The schema block is the superset contract for every contact property Email Guard owns, including email_health_status and email_health_score, which this sync never writes (the validate-email action does). Rows that carry a subset of the schema upsert into it cleanly, and key: entry.email is what makes a re-delivered suppression update the same contact instead of duplicating it.
schedule takes an interval shorthand like "5m" or a cron expression for pull sources, or "event" for push. manageSchema has three settings: "full" (HS-X manages the object and its properties), "properties" (HS-X manages properties on an object that already exists — the right mode here, since contacts ships with every portal), and false (HS-X touches no portal schema; you own it). The default is false — leaving the field off means HS-X validates rows locally but never reads or mutates the portal. The reconciliation itself runs at deploy time and is explicit: hs-x deploy --portal-schema-live diffs your declaration against the portal and prints a WILL CREATE / WILL ALTER plan line per difference, and adding --apply-schema applies that plan.

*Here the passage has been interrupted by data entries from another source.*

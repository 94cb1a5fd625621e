-- ===== src/Rasp/Commands.antt =====
-- The tables of commands are one-to-one, and which commands are handled.
use jklibs.Common.{
  ℕ, ◌≡◌, ◌≢◌, ◌⊎◌, inl, inr, refl, Bool, true, false, List, [], ◌∷◌, Option, none, some, arith,
  leb, ◌≤◌, ◌==◌, if◌then◌else◌, length, not, ◌&&◌, Bool-cases, sym, ap, subst,
}
use jklibs.Rasp.Names.{cmd_table, subcmd_table, int_str, str_int}

-- KFRASP_PARSE_DATA_*, as far as messages are parsed into them.
pub data Handle : Type 0 where
  device_info common_result bind_lists_result : Handle

-- kf_rasp_generate_number, of the numbers of the command and of the subcommand.
unfoldable pub generate_number : ℕ → ℕ → ℕ
generate_number cmd subcmd =
    if cmd == 1
    then if subcmd == 1 then 3 else if subcmd == 5 then 7 else 0
    else if cmd == 2
    then if subcmd == 1 then 2 else if subcmd == 2 then 7 else 0
    else 0

-- kf_rasp_generate_handle
unfoldable pub generate_handle : ℕ → Option Handle
generate_handle num =
    if num == 2
    then some device_info
    else if (num == 5)
    then some common_result
    else if (num == 3)
    then some common_result
    else if num == 7
    then some bind_lists_result
    else none

-- What `kf_string_compare` is relied on for: it tells a text to be itself, and no two texts of
-- different lengths to be the same.
pub record Compares (same : List ℕ → List ℕ → Bool) : Type 0 where
  pub itself : (s : List ℕ) → same s s ≡ true
  pub lengths : (s t : List ℕ) → length s ≢ length t → same s t ≡ false

-- No name of the table has `k` bytes; no two names have the same number of bytes.
abbrev no_length : ℕ → List (ℕ × List ℕ) → Bool
no_length k [] = true
no_length k ((m, name) ∷ table) = not (length name == k) && no_length k table

abbrev spread : List (ℕ × List ℕ) → Bool
spread [] = true
spread ((m, name) ∷ table) = no_length (length name) table && spread table

length-int_str :
    (table : List (ℕ × List ℕ)) (k n : ℕ) (name : List ℕ)
    → no_length k table ≡ true
    → int_str table n ≡ some name
    → length name ≢ k
unfolding int_str
length-int_str [] k n name a h = absurd (ground arith)
length-int_str ((m, first) ∷ table) k n name a h = ground (arith, h, length-int_str table k n name)

-- Every name of the table fits its field.
abbrev short : List (ℕ × List ℕ) → Bool
short [] = true
short ((m, name) ∷ table) = leb (length name) 31 && short table

short-int_str :
    (table : List (ℕ × List ℕ)) (n : ℕ) (name : List ℕ)
    → short table ≡ true
    → int_str table n ≡ some name
    → length name ≤ 31
unfolding int_str
short-int_str [] n name a h = absurd (ground arith)
short-int_str ((m, first) ∷ table) n name a h = ground (arith, h, short-int_str table n name)

pub length-subcmd_name :
    (n : ℕ) (name : List ℕ) → int_str subcmd_table n ≡ some name → length name ≤ 31
length-subcmd_name n name h = short-int_str subcmd_table n name refl h

module _ (same : List ℕ → List ℕ → Bool) (compares : Compares same) where
  str_int-int_str :
      (table : List (ℕ × List ℕ)) (n : ℕ) (name : List ℕ)
      → spread table ≡ true
      → int_str table n ≡ some name
      → str_int same table name ≡ n
  unfolding int_str str_int
  str_int-int_str [] n name a h = absurd (ground arith)
  str_int-int_str ((m, first) ∷ table) n name a h = elim (Bool-cases (n == m)) [
    | inl e ↦
        let found : first ≡ name = ground arith in
        let it : same name first ≡ true =
          subst (λ t. same t first ≡ true) found (compares.itself first) in
        rw it (ground arith)
    | inr e ↦
        let later : int_str table n ≡ some name = rw (sym h, e) refl in
        let apart = length-int_str table (length first) n name (ground arith) later in
        rw (compares.lengths name first apart) (str_int-int_str table n name (ground arith) later)
  ]

  -- The number that is read from the name of a command, or of a subcommand, is its number.
  pub str_int-names :
      (n m : ℕ) (name subname : List ℕ)
      → int_str cmd_table n ≡ some name
      → int_str subcmd_table m ≡ some subname
      → (str_int same cmd_table name ≡ n) × (str_int same subcmd_table subname ≡ m)
  str_int-names n m name subname h k =
      (str_int-int_str cmd_table n name refl h, str_int-int_str subcmd_table m subname refl k)

number-cases :
    (cmd subcmd : ℕ)
    → let n = generate_number cmd subcmd in (n ≡ 0) ⊎ ((n ≡ 2) ⊎ ((n ≡ 3) ⊎ (n ≡ 7)))
unfolding generate_number
number-cases cmd subcmd = ground arith

-- Whatever number a message is given, it is 0 or has a handle.
pub handled :
    (cmd subcmd : ℕ)
    → (generate_number cmd subcmd ≡ 0)
      ⊎ ((h : Handle) × (generate_handle (generate_number cmd subcmd) ≡ some h))
unfolding generate_handle
handled cmd subcmd = elim (number-cases cmd subcmd) [
  | inl e ↦ inl e
  | inr (inl e) ↦ inr (device_info, ap generate_handle e)
  | inr (inr (inl e)) ↦ inr (common_result, ap generate_handle e)
  | inr (inr (inr e)) ↦ inr (bind_lists_result, ap generate_handle e)
]
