-- ===== src/Rasp/Receive.antt =====
-- kf_rasp_parse_data of protocol/rasp/kfrasp.c: a message that is received, its header first.
use jklibs.Common.{ℕ, Bool, List, Option, none, some, if◌then◌else◌, take}
use jklibs.Common.Int.{ℤ, pos, eqb_ℤ, ltb_ℤ}
use jklibs.Common.Outcome.{Outcome, done, err, fault, ◌>>=◌}
use jklibs.Common.Text.{codes}
use jklibs.Rasp.Names.{m_head, m_operation, m_ccmd, m_source, json_name, cmd_table, str_int}
use jklibs.Rasp.Header.{Header, parse_data_header}
use jklibs.Rasp.Commands.{
  Handle, device_info, common_result, bind_lists_result, generate_number, generate_handle,
}
use jklibs.Rasp.Document.{Sections, as_json}
use jklibs.Rasp.Body.{Body, Rasp}
use jklibs.Rasp.Process.{process_common_result, process_deviceinfo, process_bindlists_result}

module _ {ℓ} (md5_text : List ℕ → List ℕ) (time_string : ℤ → List ℕ) (same : List ℕ → List ℕ → Bool)
    (grants : ℕ → Bool) {S : Type ℓ} (j : Sections S) where
  -- The sections with the operation: those of a result if the message has no parameters.
  abbrev pub in_operation : S → S
  in_operation d =
      let params = codes ".MsgBody[0].PARAMS" in
      let outer =
        if eqb_ℤ (j.count d params) (pos 0) then codes ".MsgBody.result.resultData" else params in
      j.push (j.push d outer) (json_name m_operation)

  abbrev pub read_cmd : Option (List ℕ) → Header → Header
  read_cmd none h = h
  read_cmd (some s) h = record h { cmd_number = str_int same cmd_table s; cmd = take 31 s }

  abbrev pub read_source : Option (List ℕ) → Header → Header
  read_source none h = h
  read_source (some s) h = record h { source = take 15 s }

  -- The handle's routine, if there is one, and what it returns.
  abbrev pub process_with : Option Handle → S → Body → Outcome (S × Body × ℤ)
  process_with none d rb = done (d, rb, pos 0)
  process_with (some device_info) d rb = process_deviceinfo j same grants d rb
  process_with (some common_result) d rb = process_common_result j same grants d rb
  process_with (some bind_lists_result) d rb = process_bindlists_result j same grants d rb

  -- What is returned: a routine that fails sets its own `ret` to -2 and leaves over `errout`, where the
  -- outer `ret` is returned.
  abbrev pub body_ret : ℤ → ℤ → ℤ
  body_ret ret inner = if ltb_ℤ inner (pos 0) then ret else pos 0

  -- kf_rasp_parse_msgbody, whose outer `ret` is 0
  unfoldable pub parse_msgbody : Rasp S → Outcome (Rasp S × ℤ)
  parse_msgbody rasp =
      let d = in_operation rasp.json in
      let h = read_cmd (j.string d (json_name m_ccmd)) rasp.header in
      let h = read_source (j.string d (json_name m_source)) h in
      let num = generate_number h.cmd_number h.subcmd_number in
      let rb : Body = record rasp.body { number = num } in
      process_with (generate_handle num) (j.pop (j.pop d)) rb >>= λ r.
      done (record { header = h; body = r.1; json = r.0 }, body_ret (pos 0) (r.2))

  -- The end of kf_rasp_parse_data, behind the header.
  abbrev pub after_header : Rasp S → Outcome (Unit {0}) → Outcome (Rasp S)
  after_header rasp (done t) =
      parse_msgbody rasp >>= λ r. if ltb_ℤ (r.1) (pos 0) then err 6 else done (r.0)
  after_header rasp (err n) = err 5
  after_header rasp fault = fault

  abbrev pub parse_loaded : Rasp S → Option S → Outcome (Rasp S)
  parse_loaded rasp none = err 4
  parse_loaded rasp (some d) =
      let (h, ret) = parse_data_header md5_text time_string same (as_json j) d rasp.header in
      after_header (record rasp { header = h; json = j.pop (j.push d (json_name m_head)) }) ret

  -- kf_rasp_parse_data
  unfoldable pub parse_data : Rasp S → List ℕ → Outcome (Rasp S)
  parse_data rasp bytes = parse_loaded rasp (j.load rasp.json bytes)
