-- ===== src/Rasp/Generate.antt =====
-- kf_rasp_generate_data of protocol/rasp/kfrasp.c: the body of a message that is sent, written into
-- its document. A body whose number is not that of the member in use is the outcome `fault`.
use jklibs.Common.{ℕ, length, leb, Bool, List, [], Option, none, some, ◌==◌, if◌then◌else◌}
use jklibs.Common.Int.{ℤ}
use jklibs.Common.Decimal.{print_int}
use jklibs.Common.Outcome.{Outcome, done, err, fault, ◌>>=◌}
use jklibs.Common.Text.{codes}
use jklibs.Rasp.Names.{
  m_body, m_result, m_result_code, m_result_data, m_operation, m_ccmd, m_source, m_desc, json_name,
}
use jklibs.Rasp.Header.{Header, header_ready_data}
use jklibs.Rasp.Document.{Sections, as_json}
use jklibs.Rasp.Body.{Body, ConnectItemInfo, ConnectAuthority, Content, Rasp, no_item}

-- The member of the union that is read.
abbrev pub item_of : Content → Outcome ConnectItemInfo
item_of (Content.item cii) = done cii
item_of Content.zeroed = done no_item
item_of _ = fault

abbrev pub authority_of : Content → Outcome ConnectAuthority
authority_of (Content.authority ca) = done ca
authority_of _ = fault

module _ {ℓ} (md5_text : List ℕ → List ℕ) (time_string : ℤ → List ℕ) (same : List ℕ → List ℕ → Bool)
    {S : Type ℓ} (j : Sections S) where
  -- json_setstring(J, text, KF_JSON_STRING(name))
  abbrev set_named : S → List ℕ → List ℕ → S
  set_named d name text = j.set_string d (json_name name) text

  -- kf_rasp_generate_data_operation
  unfoldable pub generate_data_operation : S → List ℕ → Header → S
  generate_data_operation d place h =
      let d = j.push (j.push d (json_name place)) (json_name m_operation) in
      let d = set_named d m_ccmd h.cmd in let d = set_named d m_source h.source in j.pop (j.pop d)

  -- kf_rasp_generate_data_connectiteminfo
  unfoldable pub generate_data_connectiteminfo : S → ConnectItemInfo → S
  generate_data_connectiteminfo d cii =
      let d =
        j.push (j.push d (json_name (codes "MsgBody[0].PARAMS")))
          (json_name (codes "connectItemInfo")) in
      let d = j.set_string d (codes ".deviceMac") cii.device_mac in
      let d = j.set_string d (codes ".routerMac") cii.router_mac in j.pop (j.pop d)

  -- sprintf of an int to 8 bytes
  abbrev pub int_text : ℤ → Outcome (List ℕ)
  int_text n = if leb 8 (length (print_int n)) then fault else done (print_int n)

  -- The section connectAuthority, with the texts of its numbers.
  abbrev pub authority_data : S → ConnectAuthority → List ℕ → List ℕ → S
  authority_data d ca type status =
      let d =
        j.push (j.push d (json_name (codes "MsgBody[0].PARAMS")))
          (json_name (codes "connectAuthority")) in
      let d = set_named d (codes "addr") ca.addr in
      let d = set_named d (codes "userName") ca.user_name in
      let d = set_named d (codes "password") ca.password in
      let d = set_named d (codes "mac") ca.local_mac in
      let d = set_named d (codes "secretKey") ca.secret_key in
      let d = set_named d (codes "type") type in
      let d = set_named d (codes "status") status in j.pop (j.pop d)

  -- kf_rasp_generate_data_connectauthority
  unfoldable pub generate_data_connectauthority : S → ConnectAuthority → Outcome S
  generate_data_connectauthority d ca = do
    type ← int_text ca.type
    status ← int_text ca.status
    done (authority_data d ca type status)

  -- The data of a result: a description of the failure, or the item.
  abbrev pub failure_data : S → Body → S
  failure_data d rb = j.pop (set_named (j.push d (json_name m_result_data)) m_desc rb.result_data)

  abbrev pub success_data : S → ConnectItemInfo → S
  success_data d cii =
      let d = j.push (j.push d (json_name m_result_data)) (json_name (codes "connectItemInfo")) in
      let d = set_named d (codes "name") cii.name in
      let d = set_named d (codes "addr") cii.addr in
      let d = set_named d (codes "deviceMac") cii.device_mac in
      let d = set_named d (codes "routerMac") cii.router_mac in j.pop (j.pop d)

  -- kf_rasp_generate_data_connectiteminfo_result
  unfoldable pub generate_data_connectiteminfo_result : S → Body → Outcome S
  generate_data_connectiteminfo_result d rb =
      let d = j.push (j.push d (json_name m_body)) (json_name m_result) in
      let d = set_named d m_result_code rb.result_code in
      let filled =
        if same rb.result_code (codes "success")
        then (item_of rb.content >>= λ cii. done (success_data d cii))
        else done (failure_data d rb) in
      filled >>= λ d. done (j.pop (j.pop d))

  -- kf_rasp_generate_data_null_body
  unfoldable pub generate_data_null_body : S → S
  generate_data_null_body d =
      j.pop (j.set_string (j.push d (json_name (codes "MsgBody[0].PARAMS"))) [] [])

  -- The switch of kf_rasp_generate_data over the kind of the body.
  unfoldable pub generate_body : S → Header → Body → Outcome S
  generate_body d h rb =
      let params = generate_data_operation d (codes "MsgBody[0].PARAMS") h in
      let result = generate_data_operation d (codes "MsgBody.result.resultData") h in
      if rb.number == 8
      then (item_of rb.content >>= λ cii. done (generate_data_connectiteminfo params cii))
      else if rb.number == 9
      then generate_data_connectiteminfo_result result rb
      else if rb.number == 10
      then (authority_of rb.content >>= generate_data_connectauthority params)
      else if rb.number == 6
      then done (generate_data_null_body params)
      else done d

  abbrev pub print_end : Rasp S → S → Option (List ℕ × ℤ) → Outcome (Rasp S × List ℕ × ℤ)
  print_end rasp d none = err 5
  print_end rasp d (some r) = done (record rasp { json = d }, r.0, r.1)

  -- kf_rasp_generate_data, into a buffer of `len` bytes: what is saved, and the length returned.
  unfoldable pub generate_data : Rasp S → ℤ → Outcome (Rasp S × List ℕ × ℤ)
  generate_data rasp len =
      let d = j.set_null rasp.json (json_name m_body) in
      let d = header_ready_data md5_text time_string same (as_json j) d rasp.header in
      generate_body d rasp.header rasp.body >>= λ d. print_end rasp d (j.print d len)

What the runtime does with your rows
Between your source returning rows and records appearing in HubSpot, the runtime in your Cloudflare account does the unglamorous work: batching writes into HubSpot's batch endpoints, pacing them through the same hierarchical rate limiter every other capability shares, and retrying transient failures with backoff. The rate limits guide covers how that budget is split when a sync and a workflow action want the same portal at the same time.
Because all of this runs in your account, a sync keeps running on its schedule even if HS-X disappears. The cursor state, the destination data, and the Worker are yours.
Test it before it touches a portal
hs-x init customer-sync --type sync-source
cd customer-sync && bun install
hs-x check # validates the worker + schema declaration
hs-x dev # local runs, webhook URL, live logshs-x dev is where syncs earn trust: trigger a run, watch the rows land, inspect the cursor between runs, and only then hs-x deploy. The local dev guide covers that loop in depth.